You should be able to scale a wall with those.


----------



## LC (Jan 28, 2004)

I think your going to need a mountain bike rear derailleur to go any higher than 28T. The derailleur length is related to chain wrap, not max cog size. I have no idea about compatibility of the SRAM mountain bike derailleur with SRAM road STI shifters, but I know it is possible with Shimano.

There is one trick to try to make it work though, change the 11T upper jockey pulley to 10T.


----------



## rx-79g (Sep 14, 2010)

LC said:


> I think your going to need a mountain bike rear derailleur to go any higher than 28T. The derailleur length is related to chain wrap, not max cog size. I have no idea about compatibility of the SRAM mountain bike derailleur with SRAM road STI shifters, but I know it is possible with Shimano.
> 
> There is one trick to try to make it work though, change the 11T upper jockey pulley to 10T.

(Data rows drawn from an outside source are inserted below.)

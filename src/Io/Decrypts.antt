-- ===== src/Io/Decrypts.antt =====
-- `CtrFile::read` within the file: both branches give the decrypted bytes of the window.
use fuse_nx.Prelude.{
  ℕ, ◌+◌, ◌-◌, ◌*◌, ◌/◌, ◌%◌, ◌^◌, ◌≤◌, ◌<◌, ◌≡◌, refl, sym, ap, ap₂, ◌∙◌, arith, List, length, min,
  take, replicate, length-take, length-replicate, leb, Bool-cases, inl, inr, true, false, leb→le,
  le→leb,
}
use fuse_nx.Prelude.Words.{u64}
use fuse_nx.Prelude.Slices.{
  slice, overwrite, length-slice, length-slice_of_le, slice-slice, overwrite_all, slice-append_left,
  length-overwrite,
}
use fuse_nx.Crypto.{Backend, AesCtr, set_ctr, decrypt_ctr}
use fuse_nx.Crypto.Ctr.{
  xor_from, length-xor_from, slice-xor_from, key_stream, IsCtrMode, decrypt_ctr-set_ctr,
  decrypt_ctr-keeps,
}
use fuse_nx.Io.{
  FileBase, ctr_file, Stream, read_from, aligned_pos, pos_diff, aligned_size, ctr_direct,
  ctr_bounce,
}
use fuse_nx.Io.View.{view, IsReady, Reads, ReadsFrom, length-view-lt}
use fuse_nx.Io.Aligned.{aligned_pos-eq, pos_diff-eq, aligned_size-eq}

module _ {b : Backend} {pad : List ℕ → ℕ → ℕ → ℕ} (mode : IsCtrMode b pad) (pos fsize : ℕ)
    (base : FileBase) (offset : ℕ) (cipher : AesCtr) (xs : List ℕ)
    (ready : IsReady pad (ctr_file pos fsize base offset cipher) xs)
    (reads : ReadsFrom pad b base xs) (p : ℕ) (dest : List ℕ) (s : Stream) (e : s.contents ≡ xs)
    (h : p + length dest ≤ length (view pad (ctr_file pos fsize base offset cipher) xs)) where
  abbrev f : FileBase
  f = ctr_file pos fsize base offset cipher

  abbrev vb : List ℕ
  vb = view pad base xs

  abbrev ks : ℕ → ℕ
  ks = key_stream pad cipher.key cipher.nonce

  abbrev from : ℕ
  from = u64 (aligned_pos p fsize + offset)

  abbrev asize : ℕ
  asize = aligned_size p fsize (length dest)

  abbrev cipher' : AesCtr
  cipher' = set_ctr cipher (from / 16)

  within : (p + length dest ≤ fsize) × (offset + fsize ≤ length vb) × (length vb < 2 ^ 63)
  within = omega (
    arith,
    length-slice_of_le offset fsize (xor_from ks 0 vb),
    length-xor_from ks 0 vb,
    length-view-lt pad base xs ready.0,
    ready.1,
  )

  bound : fsize < 2 ^ 63
  bound = omega (arith, within)

  from-eq : from ≡ p / 16 * 16 + offset
  from-eq = omega (arith, within, aligned_pos-eq p fsize (length dest) within.0 bound)

  asize-eq : asize ≡ (length dest + p % 16 + 15) / 16 * 16
  asize-eq = aligned_size-eq p fsize (length dest) within.0 bound

  diff-eq : pos_diff p fsize ≡ p % 16
  diff-eq = pos_diff-eq p fsize (length dest) within.0 bound

  -- The bytes that the read has to store.
  got-eq :
      slice p (length dest) (view pad f xs)
      ≡ xor_from ks (offset + p) (slice (offset + p) (length dest) vb)
  got-eq =
      slice-slice p (length dest) offset fsize (xor_from ks 0 vb)
      ∙ (ap (λ (n : ℕ). slice (offset + p) n (xor_from ks 0 vb)) (omega (arith, within))
          ∙ (slice-xor_from ks 0 (offset + p) (length dest) vb
              ∙ ap (λ (q : ℕ). xor_from ks q (slice (offset + p) (length dest) vb)) (omega arith)))

  decrypts :
      (bytes : List ℕ)
      → length bytes ≤ length dest + 31
      → (decrypt_ctr b cipher' bytes).0 ≡ xor_from ks from bytes
  decrypts bytes size =
      decrypt_ctr-set_ctr mode cipher from bytes ready.3 (omega (arith, from-eq, ready.2))
        (omega (arith, from-eq, asize-eq, within))

  inner :
      (buf : List ℕ)
      → Reads pad base xs buf (slice from (length buf) vb) (read_from b base from buf s)
  inner buf = reads from buf s e (omega (arith, from-eq, within))

  after-IsReady :
      (buf bytes : List ℕ) (q : ℕ)
      → let g = ctr_file q fsize (inner buf).result.after offset (decrypt_ctr b cipher' bytes).1 in
        IsReady pad g xs × (view pad g xs ≡ view pad f xs)
  after-IsReady buf bytes q =
      let k = decrypt_ctr-keeps b cipher (from / 16) bytes in
      let r = inner buf in
      rw (k.0, k.1, k.2, r.same_view) ((r.ready, ready.1, ready.2, ready.3, r.plain ready.4), refl)

  direct-Reads :
      leb asize (length dest) ≡ true
      → Reads pad f xs dest (slice p (length dest) (view pad f xs)) (read_from b f p dest s)
  unfolding read_from
  direct-Reads t = record {
    result = record {
      dest = (decrypt_ctr b cipher' whole).0;
      count = length dest;
      after =
          ctr_file (u64 (p + length dest)) fsize r.result.after offset
            (decrypt_ctr b cipher' whole).1;
      stream = r.result.stream;
    };
    returns = rw (t, read_from, r.returns, ctr_direct) refl;
    stored =
        decrypts whole (omega (arith, whole-length))
        ∙ (ap₂ (λ (q : ℕ) (ys : List ℕ). xor_from ks q ys) (omega (arith, at)) whole-eq
            ∙ (sym got-eq
                ∙ sym
                    (overwrite_all dest _ (length-slice_of_le p (length dest) (view pad f xs) h))));
    counted = sym (length-slice_of_le p (length dest) (view pad f xs) h);
    kept = r.kept;
    ready = (after-IsReady buf whole (u64 (p + length dest))).0;
    same_view = (after-IsReady buf whole (u64 (p + length dest))).1;
    plain = λ x. x;
  }
    where
      buf : List ℕ
      buf = take asize dest

      at : (asize ≡ length dest) × (p % 16 ≡ 0) × (from ≡ offset + p)
      at = omega (arith, leb→le asize (length dest) t, asize-eq, from-eq)

      buf-length : length buf ≡ length dest
      buf-length = omega (arith, length-take asize dest, at)

      r : Reads pad base xs buf (slice from (length buf) vb) (read_from b base from buf s)
      r = inner buf

      whole : List ℕ
      whole = overwrite dest r.result.dest

      whole-eq : whole ≡ slice (offset + p) (length dest) vb
      whole-eq =
          ap (overwrite dest) (
            r.stored
            ∙ overwrite_all buf _
                (length-slice_of_le from (length buf) vb (omega (arith, at, buf-length, within))))
          ∙ (ap₂ (λ (o m : ℕ). overwrite dest (slice o m vb)) (omega (arith, at)) buf-length
              ∙ overwrite_all dest _
                  (length-slice_of_le (offset + p) (length dest) vb (omega (arith, within))))

      whole-length : length whole ≡ length dest
      whole-length =
          ap length whole-eq
          ∙ length-slice_of_le (offset + p) (length dest) vb (omega (arith, within))

  bounce-Reads :
      leb asize (length dest) ≡ false
      → Reads pad f xs dest (slice p (length dest) (view pad f xs)) (read_from b f p dest s)
  unfolding read_from
  bounce-Reads t = record {
    result = record {
      dest = overwrite dest copied;
      count = length dest;
      after =
          ctr_file (u64 (p + length dest)) fsize r.result.after offset
            (decrypt_ctr b cipher' r.result.dest).1;
      stream = r.result.stream;
    };
    returns =
        rw
          (
            t,
            read_from,
            r.returns,
            ctr_bounce,
            le→leb (pos_diff p fsize) (length r.result.dest)
                (omega (arith, r-length, diff-eq, asize-eq)),
          )
          refl;
    stored = ap (overwrite dest) copied-eq;
    counted = sym (length-slice_of_le p (length dest) (view pad f xs) h);
    kept = r.kept;
    ready = (after-IsReady buf r.result.dest (u64 (p + length dest))).0;
    same_view = (after-IsReady buf r.result.dest (u64 (p + length dest))).1;
    plain = λ x. x;
  }
    where
      buf : List ℕ
      buf = replicate asize 0

      r : Reads pad base xs buf (slice from (length buf) vb) (read_from b base from buf s)
      r = inner buf

      got : List ℕ
      got = slice from (length buf) vb

      got-length : length got ≡ min asize (length vb - from)
      got-length =
          omega (arith, length-slice from (length buf) vb, length-replicate {0} {A = ℕ} asize 0)

      r-length : length r.result.dest ≡ asize
      r-length =
          ap length r.stored
          ∙ omega
              (arith, length-overwrite buf got, got-length, length-replicate {0} {A = ℕ} asize 0)

      copied : List ℕ
      copied =
          slice (pos_diff p fsize) (min (length dest) (length r.result.dest - pos_diff p fsize))
            (decrypt_ctr b cipher' r.result.dest).0

      window : slice (p % 16) (length dest) r.result.dest ≡ slice (offset + p) (length dest) vb
      window =
          ap (slice (p % 16) (length dest)) r.stored
          ∙ (slice-append_left (p % 16) (length dest) got _
                (omega (arith, got-length, asize-eq, from-eq, within))
              ∙ (slice-slice (p % 16) (length dest) from (length buf) vb
                  ∙ ap₂ (λ (o m : ℕ). slice o m vb) (omega (arith, from-eq))
                      (omega (arith, length-replicate {0} {A = ℕ} asize 0, asize-eq))))

      copied-eq : copied ≡ slice p (length dest) (view pad f xs)
      copied-eq =
          ap₂ (λ (d : ℕ) (ys : List ℕ). slice d (min (length dest) (length r.result.dest - d)) ys)
            diff-eq (decrypts r.result.dest (omega (arith, r-length, asize-eq)))
          ∙ (ap (λ (m : ℕ). slice (p % 16) m (xor_from ks from r.result.dest)) {y = length dest}
                (omega (arith, r-length, asize-eq))
              ∙ (slice-xor_from ks from (p % 16) (length dest) r.result.dest
                  ∙ (ap₂ (λ (q : ℕ) (ys : List ℕ). xor_from ks q ys) (omega (arith, from-eq)) window
                      ∙ sym got-eq)))

  pub ctr_file-Reads :
      Reads pad f xs dest (slice p (length dest) (view pad f xs)) (read_from b f p dest s)
  ctr_file-Reads = elim (Bool-cases (leb asize (length dest))) [
    | inl t ↦ direct-Reads t
    | inr t ↦ bounce-Reads t
  ]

He did say Apex or Force LONG cage derailleur. The Apex was designed with this gearing in mind.


----------



## bullflick (Jul 21, 2003)

Looked back at my notes and it's a long cage Rival (not Force) that will also take the 11-32 (not 12-32) along with the Apex. Just not sure if that's a mistake (based on others experience) compared to the 50-34....11-27. It's a very new set-up option from Sram so not many have tried it.


----------



## rx-79g (Sep 14, 2010)

Hey Bullflick,

This might be new from SRAM, but this isn't the first time in history a bike as had gearing like this. If you like the ratios, buy it. It will shift and wear just like every other SRAM or Shimano set up. The choice of cogs is not a performance issue, as long as you have the derailleur capacity to support it. 

If you want to compare ratios and shift patterns, play with this:
http://www.sheldonbrown.com/gears/


----------



## DaveT (Feb 12, 2004)

I don't have the exact set-up the OP is asking about but I am running Shimano 6700 on two bikes and using the SRAM 11-32 PG 1070 cassette on my wheels. My rear derailleur is the 6700 *short cage* model with the B-screw turned about half way in to prevent the upper pulley from interfering with the largest cassette cog. I was pleasantly surprised that this combo works so well.


----------



## frdfandc (Nov 27, 2007)

FYI, the long cage derailleurs are avail in Apex and Rival. Force is only short cage.


----------



## mrbadog (Jul 26, 2006)

SRAM road and XX are perfectly compatible. You can use an XX rear with Force or Red Shifters and go to 36 in the back with an XX cassette.


----------



## rideorglide (Dec 3, 2005)

bullflick said:


> Wondering if anyone is riding a Force 50-34 and a 11-32 cassette? With the Apex or Force long cage derailleur I understand that cassette can be used.
> 
> Reason is I want get close to my current triple (30 ring and 11-27) set-up. The 32 seems over kill but at least an option for big climbs for an old guy. Can always which back and forth to the 11-27.
> 
> Any thoughts about that set-up?


I run 50-34 with 13 - 29 Campy

Nice to have the option for severe climbs, as I officially suck at climbing, but I found I don't use the large cog as much as I thought I would as it's hellishly slow, but I miss the larger ring on some descents.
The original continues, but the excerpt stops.